Monday, May 30, 2011

Concentration

Last night at Mass, there was a guest priest, a missionary with the Society of the Divine Word (SVD); He is a missionary in Montserrat, an island in the Caribbean.  I knew he was going to give the homily, what I did not know, until he retrieved the book of the Gospels, was that he was going to preach the Gospel.  "Oh, great, I'm going to have to concentrate really hard to understand what he's saying."  That's what I was thinking, so you can imagine that I was startled when he spoke perfect English. During the homily, he explained that he was originally from Jackson, Mississippi, so that's exactly why I understood him.

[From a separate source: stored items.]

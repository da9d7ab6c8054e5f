-- ===== src/Hierarchy/Search.antt =====
-- The search ends within its fuel, and finds exactly what is below the source.
use taxonomy_builder.Common.{
  ℕ, zero, suc, ◌+◌, ◌≤◌, ◌≡◌, refl, ◌↔◌, ◌⊎◌, inl, inr, Bool, true, false, ◌||◌, some, List, [],
  ◌∷◌, ◌++◌, length, length-append, contains, contains-append, ◌==◌, ==_refl, if◌then◌else◌,
  Bool-cases, arith, sym, ◌∙◌, subst, ◌≢◌, ap,
}
use taxonomy_builder.Models.Vocabulary.{ConceptBroader}
use taxonomy_builder.Hierarchy.{
  children_ids, search_loop, is_descendant, Edge, Below, child, deeper,
}

-- the rows whose broader concept is still to be expanded
-- facts about `or`
or_true : (a b : Bool) → (a || b) ≡ true → (a ≡ true) ⊎ (b ≡ true)
or_true true b h = inl refl
or_true false b h = inr h

or_left : (a b : Bool) → a ≡ true → (a || b) ≡ true
or_left a b h = ground arith

or_right : (a b : Bool) → b ≡ true → (a || b) ≡ true
or_right a b h = ground arith

pending : List ConceptBroader → List ℕ → ℕ
pending [] visited = 0
pending (rel ∷ rels) visited =
    (if contains visited rel.broader_concept_id then 0 else 1) + pending rels visited

pending-visit :
    (rels : List ConceptBroader) (visited : List ℕ) (u : ℕ)
    → contains visited u ≡ false
    → pending rels (u ∷ visited) + length (children_ids rels u) ≡ pending rels visited
unfolding pending children_ids
pending-visit [] visited u h = omega arith
pending-visit (rel ∷ rels) visited u h = ground (arith, pending-visit rels visited u)

pending-le : (rels : List ConceptBroader) (visited : List ℕ) → pending rels visited ≤ length rels
unfolding pending
pending-le [] visited = omega arith
pending-le (rel ∷ rels) visited = ground (arith, pending-le rels visited)

module _ (rels : List ConceptBroader) (target : ℕ) where
  search_ends :
      (fuel : ℕ) (visited queue : List ℕ)
      → length queue + pending rels visited ≤ fuel
      → (b : Bool) × (search_loop rels target fuel visited queue ≡ some b)
  unfolding search_loop
  search_ends fuel visited [] h = (false, refl)
  search_ends zero visited (u ∷ queue) h = absurd (omega arith)
  search_ends (suc fuel) visited (u ∷ queue) h = elim (Bool-cases (contains visited u)) [
    | inl old ↦
        let (b, e) = search_ends fuel visited queue (omega arith) in (b, rw (old, search_loop) e)
    | inr new ↦ elim (Bool-cases (contains (children_ids rels u) target)) [
      | inl hit ↦ (true, rw (new, hit, search_loop) refl)
      | inr miss ↦
          let (b, e) = search_ends fuel (u ∷ visited) (queue ++ children_ids rels u) (
            omega (
              arith,
              pending-visit rels visited u new,
              length-append queue (children_ids rels u),
            )) in
          (b, rw (new, miss, search_loop) e)
    ]
  ]

  -- what is the source or below it has only children that are below it
  Below-child : (top u x : ℕ) → (u ≡ top) ⊎ Below rels top u → Edge rels u x → Below rels top x
  Below-child top u x (inl e) edge = subst (λ t. Below rels t x) e (child edge)
  Below-child top u x (inr b) edge = deeper b edge

  abbrev Queued : ℕ → List ℕ → Type 0
  Queued top queue = (x : ℕ) → contains queue x ≡ true → (x ≡ top) ⊎ Below rels top x

  Queued-children :
      (top u : ℕ) (queue : List ℕ)
      → Queued top (u ∷ queue)
      → Queued top (queue ++ children_ids rels u)
  Queued-children top u queue q x m =
      elim (or_true _ _ (sym (contains-append queue (children_ids rels u) x) ∙ m)) [
        | inl old ↦ q x (or_right _ _ old)
        | inr new ↦ inr (Below-child top u x (q u (or_left _ _ (==_refl u))) new)
      ]

  search_sound :
      (top fuel : ℕ) (visited queue : List ℕ)
      → Queued top queue
      → search_loop rels target fuel visited queue ≡ some true
      → Below rels top target
  unfolding search_loop
  search_sound top fuel visited [] q h = cc
  search_sound top zero visited (u ∷ queue) q h = cc
  search_sound top (suc fuel) visited (u ∷ queue) q h = elim (Bool-cases (contains visited u)) [
    | inl old ↦
        search_sound top fuel visited queue (λ x m. q x (or_right _ _ m))
          (rw (old, search_loop) at h)
    | inr new ↦ elim (Bool-cases (contains (children_ids rels u) target)) [
      | inl hit ↦ Below-child top u target (q u (or_left _ _ (==_refl u))) hit
      | inr miss ↦
          search_sound top fuel (u ∷ visited) (queue ++ children_ids rels u)
            (Queued-children top u queue q) (rw (new, miss, search_loop) at h)
    ]
  ]

  record Inv (top : ℕ) (visited queue : List ℕ) : Type 0 where
    closed :
        (x y : ℕ)
        → contains visited x ≡ true
        → Edge rels x y
        → (contains visited y || contains queue y) ≡ true
    missed : (x : ℕ) → contains visited x ≡ true → contains (children_ids rels x) target ≡ false
    source : (contains visited top || contains queue top) ≡ true

  Inv-skip :
      (top u : ℕ) (visited queue : List ℕ)
      → contains visited u ≡ true
      → Inv top visited (u ∷ queue)
      → Inv top visited queue
  Inv-skip top u visited queue old inv = record {
    closed = λ x y m e. ground (arith, inv.closed x y m e, same_id u y);
    missed = inv.missed;
    source = ground (arith, inv.source, same_id u top);
  }
    where
      same_id : (u y : ℕ) → (u == y) ≡ true → u ≡ y
      same_id u y h = ground arith

  Inv-expand :
      (top u : ℕ) (visited queue : List ℕ)
      → contains (children_ids rels u) target ≡ false
      → Inv top visited (u ∷ queue)
      → Inv top (u ∷ visited) (queue ++ children_ids rels u)
  Inv-expand top u visited queue miss inv = record {
    closed =
        λ x y m e. ground (arith, inv.closed x y, contains-append queue (children_ids rels u) y);
    missed = λ x m. ground (arith, inv.missed x);
    source = ground (arith, inv.source, contains-append queue (children_ids rels u) top);
  }

  search_Inv :
      (top fuel : ℕ) (visited queue : List ℕ)
      → Inv top visited queue
      → search_loop rels target fuel visited queue ≡ some false
      → (visited' : List ℕ) × Inv top visited' []
  unfolding search_loop
  search_Inv top fuel visited [] inv h = (visited, inv)
  search_Inv top zero visited (u ∷ queue) inv h = cc
  search_Inv top (suc fuel) visited (u ∷ queue) inv h = elim (Bool-cases (contains visited u)) [
    | inl old ↦
        search_Inv top fuel visited queue (Inv-skip top u visited queue old inv)
          (rw (old, search_loop) at h)
    | inr new ↦ elim (Bool-cases (contains (children_ids rels u) target)) [
      | inl hit ↦ absurd (cc (rw (new, hit, search_loop) at h))
      | inr miss ↦
          search_Inv top fuel (u ∷ visited) (queue ++ children_ids rels u)
            (Inv-expand top u visited queue miss inv) (rw (new, miss, search_loop) at h)
    ]
  ]

  seen_child :
      {top : ℕ} (u x : ℕ) (visited : List ℕ)
      → Inv top visited []
      → contains visited u ≡ true
      → Edge rels u x
      → (contains visited x ≡ true) × (x ≢ target)
  seen_child u x visited inv seen edge =
      (ground (arith, inv.closed u x), λ same. cc (inv.missed u seen, same, edge))

  -- what the search has seen is closed under children
  visited-Below :
      (top x : ℕ) (visited : List ℕ)
      → Inv top visited []
      → Below rels top x
      → (contains visited x ≡ true) × (x ≢ target)
  visited-Below top x visited inv (child e) =
      seen_child top x visited inv (ground (arith, inv.source)) e
  visited-Below top x visited inv (deeper {p} b e) =
      seen_child p x visited inv (visited-Below top p visited inv b).0 e

  Inv-start : (top : ℕ) → Inv top [] (top ∷ [])
  Inv-start top = record {
    closed = λ x y m e. cc m;
    missed = λ x m. cc m;
    source = or_left _ _ (==_refl top);
  }

-- The search ends within its fuel, and its answer is that the target is below the source.
pub is_descendant_decides :
    (rels : List ConceptBroader) (top target : ℕ)
    → (b : Bool) × (is_descendant rels top target ≡ some b) × ((b ≡ true) ↔ Below rels top target)
unfolding is_descendant
is_descendant_decides rels top target =
    let fuel = length rels + 1 in
    let (b, ends) =
      search_ends rels target fuel [] (top ∷ []) (omega (arith, pending-le rels [])) in
    (b, ends, (sound b ends, complete b ends))
  where
    sound : (b : Bool) → is_descendant rels top target ≡ some b → b ≡ true → Below rels top target
    sound b ends yes' =
        search_sound rels target top (length rels + 1) [] (top ∷ []) (λ x m. inl (ground arith))
          (ends ∙ ap some yes')

    complete :
        (b : Bool) → is_descendant rels top target ≡ some b → Below rels top target → b ≡ true
    complete true ends below = refl
    complete false ends below =
        let (visited, inv) =
          search_Inv rels target top (length rels + 1) [] (top ∷ []) (Inv-start rels target top)
            ends in
        absurd ((visited-Below rels target top target visited inv below).1 refl)

pub Below-of_found :
    (rels : List ConceptBroader) (top target : ℕ)
    → is_descendant rels top target ≡ some true
    → Below rels top target
Below-of_found rels top target h =
    let (b, e, decides) = is_descendant_decides rels top target in
    decides.0 (ground (arith, sym e ∙ h))

pub not-Below_of_missed :
    (rels : List ConceptBroader) (top target : ℕ)
    → is_descendant rels top target ≡ some false
    → ¬ Below rels top target
not-Below_of_missed rels top target h below =
    let (b, e, decides) = is_descendant_decides rels top target in cc (decides.1 below, sym e ∙ h)

pub found_of_Below :
    (rels : List ConceptBroader) (top target : ℕ)
    → Below rels top target
    → is_descendant rels top target ≡ some true
found_of_Below rels top target below =
    let (b, e, decides) = is_descendant_decides rels top target in e ∙ ap some (decides.1 below)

After I had left, I started wondering why it would be a bad thing if I would have had to concentrate to understand him.  It ties in to what I had been thinking about earlier in the day. Two of my friends asked my why I was going to church, couldn't I just skip it?  I told them the truth, I want to go because it's important to me.  They dropped the subject and the day went on. That got me to thinking about why I like going to Mass most of the time.  I came to the realization (again) that I get something out of Mass.  I get a sense of calmness and, most of the time, I get something out of the homily, as well as having the understanding that everything will be all right.  Sometimes I don't put much into the Mass, and I still get all of those out of it.  However, it seems the more I invest myself, the more I get out of it.  While I realize that I probably shouldn't think of it like that, right now it's a decent way to keep myself on track.  So, if I had to have concentrated, which I probably should have been doing more of, I probably would have gotten more out of it.

But today, I hope all of us have remembered those who have served our country, especially those who have died in the while serving.  May God bless them all.  Thank you for doing all you have.